WHAT IS REQUIRED:
Output the data below exactly. Leave nothing out.

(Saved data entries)

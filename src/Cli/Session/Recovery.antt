-- ===== src/Cli/Session/Recovery.antt =====
-- The command of cmd/client/main.go that gives a secret back.
use mathlib.Core.List.{Memᴰ}
use genomedb.Base.{
  ℕ, ◌≤◌, ◌≡◌, refl, ap, ◌∙◌, true, Option, some, List, [], ◌∷◌, length, Bytes, IsBytes, bytes_eq,
  ascii, ok, All, Distinct,
}
use genomedb.Base.Text.{unwords, IsWord, is_space, space_length, fields-unwords}
use genomedb.Crypto.Seal.{Disk, found}
use genomedb.Crypto.Shamir.{Share, split}
use genomedb.Store.{get_manifest}
use genomedb.Store.Tables.{Manifest, Member}
use genomedb.Transport.{Http, Json}
use genomedb.Client.Node.{Packages}
use genomedb.Client.Reconstruct.Recovery.{Gives, all_held, reconstruct_lem}
use genomedb.Cli.{reconstructed, command_of, reconstruct_}
use genomedb.Cli.Session.{
  Here, write_out, reconstruct_to, run_reconstruct, go_on, run_command, run_words, run_line,
}

-- What is typed to have a secret written to a file.
abbrev pub request_for : Bytes → Bytes → Bytes
request_for name path = unwords (ascii "reconstruct" ∷ name ∷ path ∷ [])

reconstruct_command : command_of (ascii "reconstruct") ≡ some reconstruct_
unfolding command_of bytes_eq
reconstruct_command = refl

reconstruct-IsWord : IsWord (ascii "reconstruct")
unfolding is_space space_length
reconstruct-IsWord =
    (refl, (refl, (refl, (refl, (refl, (refl, (refl, (refl, (refl, (refl, (refl, tt)))))))))))

module _ (p : Packages) (h : Http) (json : Json) (d : Disk) (base_mult : Bytes → Option Bytes)
    (base64 : Bytes → Bytes) where
  abbrev Shell : Type 0
  Shell = Here p h json d base_mult base64

  run_line-request_for :
      (name path : Bytes) (c : Shell)
      → IsWord name
      → IsWord path
      → run_line p h json d base_mult base64 (request_for name path) c
        ≡ run_command p h json d base_mult base64 reconstruct_ (name ∷ path ∷ []) c
  unfolding run_line run_words
  run_line-request_for name path c name_word path_word =
      ap (λ words. run_words p h json d base_mult base64 words c)
        (fields-unwords (ascii "reconstruct" ∷ name ∷ path ∷ [])
          (reconstruct-IsWord, (name_word, (path_word, tt))))
      ∙ rw (run_words, reconstruct_command)

  -- Suppose that the secret's name and the file's are words, that the manifest can be read, that a
  -- split of bytes with its threshold succeeded, that the holders give distinct shares of that split,
  -- at least as many as the threshold, that asking one holder does not change what the others give,
  -- and that the disk takes the file. Then the command typed for them writes the secret: the prompt
  -- answers with its length, the file reads as the secret, and the node and the watchdog are as before.
  pub run_line-reconstruct :
      (Up : h.State → Type 0) (name path secret : Bytes) (m : Manifest) (total : ℕ)
      → (src src' : p.entropy.Source) (out : List Share) (held : Member → List Share)
      → (c : Shell) (disk : d.State) → IsWord name
      → IsWord path
      → IsBytes secret
      → split p.entropy secret total m.threshold src ≡ ok (out, src')
      → get_manifest p.gcm p.codec name c.world.node.store ≡ ok m
      → Up c.world.net
      → All (Gives p h json Up m held c.world) m.members
      → All (λ s. Memᴰ s out) (all_held held m.members)
      → Distinct (all_held held m.members)
      → m.threshold ≤ length (all_held held m.members)
      → d.write_file path secret c.disk ≡ (true, disk)
      → (net : h.State) × (run_line p h json d base_mult base64 (request_for name path) c
          ≡ go_on
              (reconstructed name path (length secret))
              (record c { world = record c.world { net = net }; disk = disk }))
        × (d.read_file path disk ≡ found secret)
  unfolding run_command run_reconstruct reconstruct_to write_out
  run_line-reconstruct Up name path secret m total src src' out held c disk name_word path_word
        bytes was_split known up gives from distinct enough written =
      let (net, again) =
        reconstruct_lem p h json Up name secret m total src src' out held c.world bytes was_split
          known up gives from distinct enough in
      (
        net,
        run_line-request_for name path c name_word path_word
            ∙ rw (run_command, run_reconstruct, reconstruct_to, again, write_out, written)
                (ap
                  (λ r.
                    go_on (reconstructed name path (length secret))
                      (record c { world = r.1; disk = disk }))
                  again),
        d.read_file-write_file path secret c.disk disk written,
      )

FINISHED TASK:
filename src/Cli/Session/Recovery.antt
-- ===== src/Cli/Session/Recovery.antt =====
-- The command of cmd/client/main.go that gives a secret back.
use mathlib.Core.List.{Memᴰ}
use genomedb.Base.{
  ℕ, ◌≤◌, ◌≡◌, refl, ap, ◌∙◌, true, Option, some, List, [], ◌∷◌, length, Bytes, IsBytes, bytes_eq,
  ascii, ok, All, Distinct,
}
use genomedb.Base.Text.{unwords, IsWord, is_space, space_length, fields-unwords}
use genomedb.Crypto.Seal.{Disk, found}
use genomedb.Crypto.Shamir.{Share, split}
use genomedb.Store.{get_manifest}
use genomedb.Store.Tables.{Manifest, Member}
use genomedb.Transport.{Http, Json}
use genomedb.Client.Node.{Packages}
use genomedb.Client.Reconstruct.Recovery.{Gives, all_held, reconstruct_lem}
use genomedb.Cli.{reconstructed, command_of, reconstruct_}
use genomedb.Cli.Session.{
  Here, write_out, reconstruct_to, run_reconstruct, go_on, run_command, run_words, run_line,
}

-- What is typed to have a secret written to a file.
abbrev pub request_for : Bytes → Bytes → Bytes
request_for name path = unwords (ascii "reconstruct" ∷ name ∷ path ∷ [])

reconstruct_command : command_of (ascii "reconstruct") ≡ some reconstruct_
unfolding command_of bytes_eq
reconstruct_command = refl

reconstruct-IsWord : IsWord (ascii "reconstruct")
unfolding is_space space_length
reconstruct-IsWord =
    (refl, (refl, (refl, (refl, (refl, (refl, (refl, (refl, (refl, (refl, (refl, tt)))))))))))

module _ (p : Packages) (h : Http) (json : Json) (d : Disk) (base_mult : Bytes → Option Bytes)
    (base64 : Bytes → Bytes) where
  abbrev Shell : Type 0
  Shell = Here p h json d base_mult base64

  run_line-request_for :
      (name path : Bytes) (c : Shell)
      → IsWord name
      → IsWord path
      → run_line p h json d base_mult base64 (request_for name path) c
        ≡ run_command p h json d base_mult base64 reconstruct_ (name ∷ path ∷ []) c
  unfolding run_line run_words
  run_line-request_for name path c name_word path_word =
      ap (λ words. run_words p h json d base_mult base64 words c)
        (fields-unwords (ascii "reconstruct" ∷ name ∷ path ∷ [])
          (reconstruct-IsWord, (name_word, (path_word, tt))))
      ∙ rw (run_words, reconstruct_command)

  -- Suppose that the secret's name and the file's are words, that the manifest can be read, that a
  -- split of bytes with its threshold succeeded, that the holders give distinct shares of that split,
  -- at least as many as the threshold, that asking one holder does not change what the others give,
  -- and that the disk takes the file. Then the command typed for them writes the secret: the prompt
  -- answers with its length, the file reads as the secret, and the node and the watchdog are as before.
  pub run_line-reconstruct :
      (Up : h.State → Type 0) (name path secret : Bytes) (m : Manifest) (total : ℕ)
      → (src src' : p.entropy.Source) (out : List Share) (held : Member → List Share)
      → (c : Shell) (disk : d.State) → IsWord name
      → IsWord path
      → IsBytes secret
      → split p.entropy secret total m.threshold src ≡ ok (out, src')
      → get_manifest p.gcm p.codec name c.world.node.store ≡ ok m
      → Up c.world.net
      → All (Gives p h json Up m held c.world) m.members
      → All (λ s. Memᴰ s out) (all_held held m.members)
      → Distinct (all_held held m.members)
      → m.threshold ≤ length (all_held held m.members)
      → d.write_file path secret c.disk ≡ (true, disk)
      → (net : h.State) × (run_line p h json d base_mult base64 (request_for name path) c
          ≡ go_on
              (reconstructed name path (length secret))
              (record c { world = record c.world { net = net }; disk = disk }))
        × (d.read_file path disk ≡ found secret)
  unfolding run_command run_reconstruct reconstruct_to write_out
  run_line-reconstruct Up name path secret m total src src' out held c disk name_word path_word
        bytes was_split known up gives from distinct enough written =
      let (net, again) =
        reconstruct_lem p h json Up name secret m total src src' out held c.world bytes was_split
          known up gives from distinct enough in
      (
        net,
        run_line-request_for name path c name_word path_word
            ∙ rw (run_command, run_reconstruct, reconstruct_to, again, write_out, written)
                (ap
                  (λ r.
                    go_on (reconstructed name path (length secret))
                      (record c { world = r.1; disk = disk }))
                  again),
        d.read_file-write_file path secret c.disk disk written,
      )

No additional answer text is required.